--- WORK ORDER ---
Take every line containing "after" out of the records.

--- INPUT DATA ---
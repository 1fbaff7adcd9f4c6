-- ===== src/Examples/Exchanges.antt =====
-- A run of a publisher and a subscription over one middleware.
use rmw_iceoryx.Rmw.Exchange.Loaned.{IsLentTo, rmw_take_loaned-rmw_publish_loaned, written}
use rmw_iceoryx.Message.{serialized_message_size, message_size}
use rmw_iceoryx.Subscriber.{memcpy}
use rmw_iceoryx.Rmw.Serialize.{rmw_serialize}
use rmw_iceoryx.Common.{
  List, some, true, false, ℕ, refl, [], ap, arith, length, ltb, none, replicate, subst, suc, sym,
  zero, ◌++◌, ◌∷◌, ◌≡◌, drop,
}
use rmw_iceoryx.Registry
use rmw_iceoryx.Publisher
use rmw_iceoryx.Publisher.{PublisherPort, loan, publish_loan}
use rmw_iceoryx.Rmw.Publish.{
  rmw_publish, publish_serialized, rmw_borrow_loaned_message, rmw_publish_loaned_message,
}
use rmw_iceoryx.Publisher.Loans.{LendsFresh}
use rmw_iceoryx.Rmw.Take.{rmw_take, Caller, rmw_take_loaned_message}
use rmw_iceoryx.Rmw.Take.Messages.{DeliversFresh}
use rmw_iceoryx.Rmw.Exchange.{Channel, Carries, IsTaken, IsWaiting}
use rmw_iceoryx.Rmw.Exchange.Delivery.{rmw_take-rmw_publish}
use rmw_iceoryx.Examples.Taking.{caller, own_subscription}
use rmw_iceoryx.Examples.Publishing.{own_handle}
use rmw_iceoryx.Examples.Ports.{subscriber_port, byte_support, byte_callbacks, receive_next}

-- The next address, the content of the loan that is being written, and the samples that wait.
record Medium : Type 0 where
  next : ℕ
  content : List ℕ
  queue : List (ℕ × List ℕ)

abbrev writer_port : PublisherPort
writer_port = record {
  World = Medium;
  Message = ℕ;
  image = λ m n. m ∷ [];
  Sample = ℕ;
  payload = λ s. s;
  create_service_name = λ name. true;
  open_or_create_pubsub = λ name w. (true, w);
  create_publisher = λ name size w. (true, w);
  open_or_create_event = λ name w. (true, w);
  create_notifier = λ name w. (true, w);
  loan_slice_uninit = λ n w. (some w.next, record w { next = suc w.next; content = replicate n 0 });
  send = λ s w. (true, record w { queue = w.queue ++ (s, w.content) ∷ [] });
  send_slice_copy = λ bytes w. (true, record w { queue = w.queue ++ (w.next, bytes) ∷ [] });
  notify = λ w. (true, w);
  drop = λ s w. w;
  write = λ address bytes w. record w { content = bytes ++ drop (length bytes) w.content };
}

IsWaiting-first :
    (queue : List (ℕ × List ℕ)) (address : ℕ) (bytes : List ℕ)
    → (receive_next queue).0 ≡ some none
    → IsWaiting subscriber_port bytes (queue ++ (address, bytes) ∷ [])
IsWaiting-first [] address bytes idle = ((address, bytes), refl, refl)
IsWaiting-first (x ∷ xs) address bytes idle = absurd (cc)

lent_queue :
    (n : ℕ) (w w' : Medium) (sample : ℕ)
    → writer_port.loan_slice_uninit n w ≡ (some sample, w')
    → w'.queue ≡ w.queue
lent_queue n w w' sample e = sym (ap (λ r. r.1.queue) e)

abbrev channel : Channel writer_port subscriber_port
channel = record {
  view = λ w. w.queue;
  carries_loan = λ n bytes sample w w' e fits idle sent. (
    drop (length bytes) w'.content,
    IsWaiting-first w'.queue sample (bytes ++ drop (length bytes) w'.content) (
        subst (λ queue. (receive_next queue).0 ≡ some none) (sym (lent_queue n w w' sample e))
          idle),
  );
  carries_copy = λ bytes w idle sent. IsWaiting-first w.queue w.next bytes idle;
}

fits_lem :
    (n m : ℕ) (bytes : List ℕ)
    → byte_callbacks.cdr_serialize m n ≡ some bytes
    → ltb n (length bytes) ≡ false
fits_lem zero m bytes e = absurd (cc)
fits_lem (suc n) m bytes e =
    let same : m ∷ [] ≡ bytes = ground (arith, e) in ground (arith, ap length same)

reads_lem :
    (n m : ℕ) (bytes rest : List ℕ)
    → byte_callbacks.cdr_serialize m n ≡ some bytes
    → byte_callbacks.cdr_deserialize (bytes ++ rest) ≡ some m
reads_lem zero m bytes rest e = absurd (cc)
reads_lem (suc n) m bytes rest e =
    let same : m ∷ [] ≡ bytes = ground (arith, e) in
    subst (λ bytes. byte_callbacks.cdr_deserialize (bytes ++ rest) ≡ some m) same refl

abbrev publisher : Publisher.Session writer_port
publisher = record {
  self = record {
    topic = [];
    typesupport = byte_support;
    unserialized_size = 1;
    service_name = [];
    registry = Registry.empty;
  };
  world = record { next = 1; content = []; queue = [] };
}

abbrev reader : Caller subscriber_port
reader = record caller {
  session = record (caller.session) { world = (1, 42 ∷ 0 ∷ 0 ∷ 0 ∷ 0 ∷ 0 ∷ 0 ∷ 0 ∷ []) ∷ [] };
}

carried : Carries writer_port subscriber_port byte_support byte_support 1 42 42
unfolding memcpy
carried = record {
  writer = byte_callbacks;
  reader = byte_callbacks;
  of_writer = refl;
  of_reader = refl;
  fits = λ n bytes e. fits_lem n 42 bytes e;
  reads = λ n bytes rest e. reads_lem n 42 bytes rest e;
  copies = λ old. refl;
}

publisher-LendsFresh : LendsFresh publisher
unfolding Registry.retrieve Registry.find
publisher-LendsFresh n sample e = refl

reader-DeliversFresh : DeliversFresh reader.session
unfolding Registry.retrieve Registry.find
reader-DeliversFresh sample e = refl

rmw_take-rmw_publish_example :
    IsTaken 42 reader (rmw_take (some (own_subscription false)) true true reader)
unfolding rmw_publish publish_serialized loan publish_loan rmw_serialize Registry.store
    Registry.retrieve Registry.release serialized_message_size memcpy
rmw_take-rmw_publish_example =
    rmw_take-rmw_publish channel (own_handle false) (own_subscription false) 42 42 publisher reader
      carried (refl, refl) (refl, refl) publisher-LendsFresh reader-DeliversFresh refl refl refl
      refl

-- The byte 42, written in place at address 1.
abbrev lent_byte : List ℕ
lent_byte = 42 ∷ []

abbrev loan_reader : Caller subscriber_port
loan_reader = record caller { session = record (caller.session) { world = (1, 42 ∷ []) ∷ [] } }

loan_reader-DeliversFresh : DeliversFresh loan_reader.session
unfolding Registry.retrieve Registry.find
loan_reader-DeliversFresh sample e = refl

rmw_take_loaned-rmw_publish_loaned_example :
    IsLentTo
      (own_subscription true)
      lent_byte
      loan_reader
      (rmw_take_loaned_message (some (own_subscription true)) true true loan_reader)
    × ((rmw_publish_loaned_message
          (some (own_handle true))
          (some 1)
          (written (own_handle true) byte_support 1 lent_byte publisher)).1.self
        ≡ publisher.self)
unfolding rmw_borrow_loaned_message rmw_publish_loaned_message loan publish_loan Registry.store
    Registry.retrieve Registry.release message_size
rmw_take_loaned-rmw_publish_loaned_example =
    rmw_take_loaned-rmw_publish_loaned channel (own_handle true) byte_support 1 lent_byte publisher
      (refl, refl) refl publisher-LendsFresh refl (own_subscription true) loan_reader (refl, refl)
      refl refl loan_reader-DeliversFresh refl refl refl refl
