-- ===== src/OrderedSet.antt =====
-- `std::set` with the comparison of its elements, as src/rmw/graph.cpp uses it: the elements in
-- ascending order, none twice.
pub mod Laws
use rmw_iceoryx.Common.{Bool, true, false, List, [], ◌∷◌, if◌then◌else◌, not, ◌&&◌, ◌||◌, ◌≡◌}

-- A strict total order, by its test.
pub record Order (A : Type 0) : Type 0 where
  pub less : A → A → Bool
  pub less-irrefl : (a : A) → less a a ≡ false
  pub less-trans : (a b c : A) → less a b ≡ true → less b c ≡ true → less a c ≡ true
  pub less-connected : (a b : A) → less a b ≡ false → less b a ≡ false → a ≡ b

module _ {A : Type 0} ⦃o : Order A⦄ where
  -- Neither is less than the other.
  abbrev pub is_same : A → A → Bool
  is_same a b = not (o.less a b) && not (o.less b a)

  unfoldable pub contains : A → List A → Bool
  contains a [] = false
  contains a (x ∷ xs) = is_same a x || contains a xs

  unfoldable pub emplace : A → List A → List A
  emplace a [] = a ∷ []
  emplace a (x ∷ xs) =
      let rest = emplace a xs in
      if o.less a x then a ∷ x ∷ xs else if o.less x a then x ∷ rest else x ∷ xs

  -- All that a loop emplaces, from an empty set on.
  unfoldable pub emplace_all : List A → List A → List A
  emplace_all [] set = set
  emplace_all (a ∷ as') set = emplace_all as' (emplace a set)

--

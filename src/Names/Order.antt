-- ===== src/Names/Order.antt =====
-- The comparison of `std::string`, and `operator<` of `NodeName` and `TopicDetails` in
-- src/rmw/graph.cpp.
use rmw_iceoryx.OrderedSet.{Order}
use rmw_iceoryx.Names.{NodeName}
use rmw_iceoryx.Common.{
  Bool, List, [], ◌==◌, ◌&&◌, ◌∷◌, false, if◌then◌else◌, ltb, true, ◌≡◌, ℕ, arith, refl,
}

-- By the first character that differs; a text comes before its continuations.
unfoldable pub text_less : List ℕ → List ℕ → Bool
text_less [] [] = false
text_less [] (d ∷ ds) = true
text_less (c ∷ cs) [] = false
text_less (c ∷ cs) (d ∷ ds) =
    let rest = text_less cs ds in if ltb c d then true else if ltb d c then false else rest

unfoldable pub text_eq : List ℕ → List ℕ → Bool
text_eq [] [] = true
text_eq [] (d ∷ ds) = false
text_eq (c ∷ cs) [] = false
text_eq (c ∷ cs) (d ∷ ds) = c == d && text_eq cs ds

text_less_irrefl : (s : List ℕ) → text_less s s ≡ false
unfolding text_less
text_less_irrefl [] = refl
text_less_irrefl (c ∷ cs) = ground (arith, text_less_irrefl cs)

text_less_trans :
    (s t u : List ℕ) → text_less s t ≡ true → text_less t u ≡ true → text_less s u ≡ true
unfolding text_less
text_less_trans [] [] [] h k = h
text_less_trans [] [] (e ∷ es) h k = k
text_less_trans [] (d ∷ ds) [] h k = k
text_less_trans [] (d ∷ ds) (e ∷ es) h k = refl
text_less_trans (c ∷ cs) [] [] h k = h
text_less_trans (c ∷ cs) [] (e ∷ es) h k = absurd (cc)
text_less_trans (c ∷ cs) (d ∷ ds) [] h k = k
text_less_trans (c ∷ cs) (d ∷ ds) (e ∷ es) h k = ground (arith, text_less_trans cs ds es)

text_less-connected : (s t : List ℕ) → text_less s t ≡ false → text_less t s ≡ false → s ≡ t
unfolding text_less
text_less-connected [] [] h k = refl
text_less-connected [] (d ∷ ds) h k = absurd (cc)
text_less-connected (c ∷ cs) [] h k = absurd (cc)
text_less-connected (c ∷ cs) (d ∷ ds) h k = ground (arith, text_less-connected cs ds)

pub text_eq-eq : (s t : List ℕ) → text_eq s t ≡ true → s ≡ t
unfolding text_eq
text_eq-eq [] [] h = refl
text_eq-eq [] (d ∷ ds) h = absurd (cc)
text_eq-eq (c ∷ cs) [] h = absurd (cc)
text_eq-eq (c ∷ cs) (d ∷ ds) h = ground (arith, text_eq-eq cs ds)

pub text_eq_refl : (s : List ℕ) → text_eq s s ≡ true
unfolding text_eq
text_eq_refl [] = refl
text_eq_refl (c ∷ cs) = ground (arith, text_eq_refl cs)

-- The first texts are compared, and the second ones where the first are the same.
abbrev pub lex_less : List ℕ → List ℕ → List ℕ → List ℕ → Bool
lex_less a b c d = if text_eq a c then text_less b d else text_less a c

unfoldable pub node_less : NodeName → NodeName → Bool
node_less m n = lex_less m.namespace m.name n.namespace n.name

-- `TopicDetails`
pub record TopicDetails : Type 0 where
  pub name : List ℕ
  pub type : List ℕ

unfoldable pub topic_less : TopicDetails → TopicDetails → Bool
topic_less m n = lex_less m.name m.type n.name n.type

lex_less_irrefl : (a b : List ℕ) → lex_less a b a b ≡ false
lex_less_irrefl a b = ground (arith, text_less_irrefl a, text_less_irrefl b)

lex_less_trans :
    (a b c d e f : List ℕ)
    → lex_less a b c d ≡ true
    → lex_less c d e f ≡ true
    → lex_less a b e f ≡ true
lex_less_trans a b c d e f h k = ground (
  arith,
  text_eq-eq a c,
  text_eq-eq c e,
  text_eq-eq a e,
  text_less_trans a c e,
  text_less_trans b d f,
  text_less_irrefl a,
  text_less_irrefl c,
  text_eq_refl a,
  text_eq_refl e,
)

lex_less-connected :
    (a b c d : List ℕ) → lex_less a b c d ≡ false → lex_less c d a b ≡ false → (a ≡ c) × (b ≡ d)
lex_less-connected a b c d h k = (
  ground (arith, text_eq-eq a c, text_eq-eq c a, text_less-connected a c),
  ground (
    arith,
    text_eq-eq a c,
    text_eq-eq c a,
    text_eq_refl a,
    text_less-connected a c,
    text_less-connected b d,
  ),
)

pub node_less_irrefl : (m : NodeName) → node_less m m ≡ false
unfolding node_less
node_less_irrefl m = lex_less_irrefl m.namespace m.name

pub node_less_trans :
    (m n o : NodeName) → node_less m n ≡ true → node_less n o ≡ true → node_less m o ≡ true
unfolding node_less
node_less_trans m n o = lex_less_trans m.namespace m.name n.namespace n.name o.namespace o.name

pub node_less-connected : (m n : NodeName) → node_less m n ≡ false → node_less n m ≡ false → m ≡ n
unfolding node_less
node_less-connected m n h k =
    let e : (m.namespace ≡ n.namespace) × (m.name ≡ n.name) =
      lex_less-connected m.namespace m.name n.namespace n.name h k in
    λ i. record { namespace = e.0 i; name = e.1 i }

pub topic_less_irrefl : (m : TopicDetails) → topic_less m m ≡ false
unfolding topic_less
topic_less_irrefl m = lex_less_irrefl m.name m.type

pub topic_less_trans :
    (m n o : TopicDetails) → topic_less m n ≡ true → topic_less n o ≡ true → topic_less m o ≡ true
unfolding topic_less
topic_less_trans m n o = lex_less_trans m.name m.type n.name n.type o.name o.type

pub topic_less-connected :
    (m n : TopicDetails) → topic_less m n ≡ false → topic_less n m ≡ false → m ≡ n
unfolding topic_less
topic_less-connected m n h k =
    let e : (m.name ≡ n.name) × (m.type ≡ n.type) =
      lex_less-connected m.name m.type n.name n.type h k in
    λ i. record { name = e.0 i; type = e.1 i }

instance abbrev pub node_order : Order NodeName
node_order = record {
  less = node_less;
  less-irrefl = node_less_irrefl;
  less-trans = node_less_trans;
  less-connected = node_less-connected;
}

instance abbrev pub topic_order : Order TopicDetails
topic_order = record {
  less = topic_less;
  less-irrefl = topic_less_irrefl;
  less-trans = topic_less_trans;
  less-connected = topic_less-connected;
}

---

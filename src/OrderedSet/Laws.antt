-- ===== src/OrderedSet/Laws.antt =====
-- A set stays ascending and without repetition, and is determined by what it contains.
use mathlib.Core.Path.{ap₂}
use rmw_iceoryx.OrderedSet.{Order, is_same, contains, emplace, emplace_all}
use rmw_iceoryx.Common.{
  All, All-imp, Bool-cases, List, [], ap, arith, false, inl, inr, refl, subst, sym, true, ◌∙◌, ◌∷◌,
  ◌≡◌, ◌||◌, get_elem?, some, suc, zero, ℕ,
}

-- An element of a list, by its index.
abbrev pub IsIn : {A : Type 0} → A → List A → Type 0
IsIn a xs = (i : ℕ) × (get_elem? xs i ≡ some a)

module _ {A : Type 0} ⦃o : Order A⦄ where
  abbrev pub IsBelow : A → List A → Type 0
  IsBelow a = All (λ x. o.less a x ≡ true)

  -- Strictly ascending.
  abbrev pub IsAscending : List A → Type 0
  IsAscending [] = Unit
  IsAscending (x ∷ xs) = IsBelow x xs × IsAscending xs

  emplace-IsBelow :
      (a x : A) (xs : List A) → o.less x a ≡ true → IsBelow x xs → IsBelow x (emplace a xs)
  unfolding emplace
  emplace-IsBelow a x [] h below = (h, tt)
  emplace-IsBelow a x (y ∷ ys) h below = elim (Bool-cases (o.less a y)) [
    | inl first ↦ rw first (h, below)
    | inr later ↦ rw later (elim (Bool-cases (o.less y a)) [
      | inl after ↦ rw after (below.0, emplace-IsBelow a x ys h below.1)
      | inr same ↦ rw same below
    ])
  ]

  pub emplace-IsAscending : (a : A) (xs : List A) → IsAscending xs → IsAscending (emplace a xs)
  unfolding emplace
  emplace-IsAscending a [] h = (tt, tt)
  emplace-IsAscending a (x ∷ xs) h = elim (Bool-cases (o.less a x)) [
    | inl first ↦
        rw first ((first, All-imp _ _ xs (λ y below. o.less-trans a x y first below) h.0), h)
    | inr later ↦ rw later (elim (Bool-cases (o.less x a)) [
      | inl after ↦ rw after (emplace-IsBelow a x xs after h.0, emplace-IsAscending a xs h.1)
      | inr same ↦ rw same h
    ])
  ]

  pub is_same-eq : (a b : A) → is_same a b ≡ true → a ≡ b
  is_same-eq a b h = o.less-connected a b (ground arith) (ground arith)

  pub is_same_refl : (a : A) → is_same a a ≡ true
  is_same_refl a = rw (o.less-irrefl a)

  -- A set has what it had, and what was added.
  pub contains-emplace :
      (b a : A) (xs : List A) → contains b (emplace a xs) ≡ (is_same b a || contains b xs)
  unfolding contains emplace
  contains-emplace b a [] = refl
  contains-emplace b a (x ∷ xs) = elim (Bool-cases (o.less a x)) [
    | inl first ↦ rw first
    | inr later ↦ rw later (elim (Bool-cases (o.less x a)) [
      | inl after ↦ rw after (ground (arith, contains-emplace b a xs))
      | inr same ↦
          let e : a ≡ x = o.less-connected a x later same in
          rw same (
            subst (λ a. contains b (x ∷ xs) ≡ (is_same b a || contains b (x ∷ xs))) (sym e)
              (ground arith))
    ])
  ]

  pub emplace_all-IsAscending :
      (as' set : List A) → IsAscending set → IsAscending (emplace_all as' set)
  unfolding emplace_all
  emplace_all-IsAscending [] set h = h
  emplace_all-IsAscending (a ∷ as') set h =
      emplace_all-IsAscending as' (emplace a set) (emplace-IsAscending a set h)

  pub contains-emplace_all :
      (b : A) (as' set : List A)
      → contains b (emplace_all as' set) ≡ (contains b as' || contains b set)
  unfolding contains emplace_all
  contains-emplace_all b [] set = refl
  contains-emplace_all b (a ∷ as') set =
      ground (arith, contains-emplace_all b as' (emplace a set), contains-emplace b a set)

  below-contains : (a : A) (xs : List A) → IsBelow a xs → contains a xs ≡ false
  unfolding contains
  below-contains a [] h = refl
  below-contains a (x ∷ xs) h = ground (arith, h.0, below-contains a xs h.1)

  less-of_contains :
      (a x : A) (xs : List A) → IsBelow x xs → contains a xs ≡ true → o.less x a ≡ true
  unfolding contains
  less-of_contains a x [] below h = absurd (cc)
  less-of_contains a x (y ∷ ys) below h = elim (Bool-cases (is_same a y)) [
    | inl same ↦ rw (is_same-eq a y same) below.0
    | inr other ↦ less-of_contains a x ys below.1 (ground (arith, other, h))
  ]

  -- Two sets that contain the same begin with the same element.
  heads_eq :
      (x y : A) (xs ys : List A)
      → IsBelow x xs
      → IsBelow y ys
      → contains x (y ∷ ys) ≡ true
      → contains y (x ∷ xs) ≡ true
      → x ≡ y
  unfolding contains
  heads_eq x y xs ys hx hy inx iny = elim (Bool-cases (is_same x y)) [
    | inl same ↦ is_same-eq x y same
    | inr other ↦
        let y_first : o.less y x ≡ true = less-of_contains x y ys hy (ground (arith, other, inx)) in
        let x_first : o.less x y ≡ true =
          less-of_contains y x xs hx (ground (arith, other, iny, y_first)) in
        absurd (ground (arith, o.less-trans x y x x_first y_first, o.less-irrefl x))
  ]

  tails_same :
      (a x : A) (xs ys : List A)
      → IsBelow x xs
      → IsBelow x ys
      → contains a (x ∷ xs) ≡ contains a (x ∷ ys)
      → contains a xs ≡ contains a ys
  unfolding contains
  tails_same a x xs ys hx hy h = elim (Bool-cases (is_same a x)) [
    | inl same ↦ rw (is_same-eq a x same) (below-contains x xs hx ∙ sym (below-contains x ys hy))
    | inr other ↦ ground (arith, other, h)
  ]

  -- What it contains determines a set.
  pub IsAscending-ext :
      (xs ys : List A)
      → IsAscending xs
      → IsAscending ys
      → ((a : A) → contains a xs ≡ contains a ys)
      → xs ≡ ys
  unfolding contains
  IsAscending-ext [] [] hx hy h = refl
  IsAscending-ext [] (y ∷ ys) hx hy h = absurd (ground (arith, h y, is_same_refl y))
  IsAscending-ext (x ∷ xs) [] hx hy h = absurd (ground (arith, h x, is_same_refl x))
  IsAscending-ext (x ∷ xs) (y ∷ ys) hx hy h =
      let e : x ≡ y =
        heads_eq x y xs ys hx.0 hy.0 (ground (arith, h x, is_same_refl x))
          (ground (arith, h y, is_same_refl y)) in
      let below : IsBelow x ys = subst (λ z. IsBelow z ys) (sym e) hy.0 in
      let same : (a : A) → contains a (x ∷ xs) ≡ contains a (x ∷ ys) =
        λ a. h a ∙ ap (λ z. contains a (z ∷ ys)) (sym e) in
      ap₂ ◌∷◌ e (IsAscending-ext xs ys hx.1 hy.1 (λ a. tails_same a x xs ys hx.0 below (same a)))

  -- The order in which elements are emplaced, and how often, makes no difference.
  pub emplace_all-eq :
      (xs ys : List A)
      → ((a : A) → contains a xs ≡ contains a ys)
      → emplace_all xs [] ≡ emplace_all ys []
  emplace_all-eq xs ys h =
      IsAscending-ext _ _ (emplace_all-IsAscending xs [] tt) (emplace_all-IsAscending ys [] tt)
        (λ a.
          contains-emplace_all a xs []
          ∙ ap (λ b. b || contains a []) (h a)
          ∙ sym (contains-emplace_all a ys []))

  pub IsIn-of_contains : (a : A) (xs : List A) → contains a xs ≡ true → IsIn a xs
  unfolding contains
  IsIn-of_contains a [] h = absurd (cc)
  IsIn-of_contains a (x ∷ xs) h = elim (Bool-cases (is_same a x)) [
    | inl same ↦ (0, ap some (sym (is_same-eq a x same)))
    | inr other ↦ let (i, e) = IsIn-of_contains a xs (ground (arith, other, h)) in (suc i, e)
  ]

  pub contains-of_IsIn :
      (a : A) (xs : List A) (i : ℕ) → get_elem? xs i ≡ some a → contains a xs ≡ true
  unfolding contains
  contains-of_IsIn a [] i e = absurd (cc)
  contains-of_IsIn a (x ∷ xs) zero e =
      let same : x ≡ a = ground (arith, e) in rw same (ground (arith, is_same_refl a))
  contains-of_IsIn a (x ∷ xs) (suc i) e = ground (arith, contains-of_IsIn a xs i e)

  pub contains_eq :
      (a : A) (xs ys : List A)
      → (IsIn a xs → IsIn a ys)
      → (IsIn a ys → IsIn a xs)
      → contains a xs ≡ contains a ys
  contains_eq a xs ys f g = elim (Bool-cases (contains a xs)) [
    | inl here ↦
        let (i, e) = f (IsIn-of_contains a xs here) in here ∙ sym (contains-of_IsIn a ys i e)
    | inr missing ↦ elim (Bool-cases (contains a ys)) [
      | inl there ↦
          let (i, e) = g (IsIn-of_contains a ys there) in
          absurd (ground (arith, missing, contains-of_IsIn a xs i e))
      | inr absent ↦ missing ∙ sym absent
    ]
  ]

--- RESPONSE FOR THIS EXERCISE ---
      | inl after ↦ rw after (below.0, emplace-IsBelow a x ys h below.1)
      | inl after ↦ rw after (emplace-IsBelow a x xs after h.0, emplace-IsAscending a xs h.1)
      | inl after ↦ rw after (ground (arith, contains-emplace b a xs))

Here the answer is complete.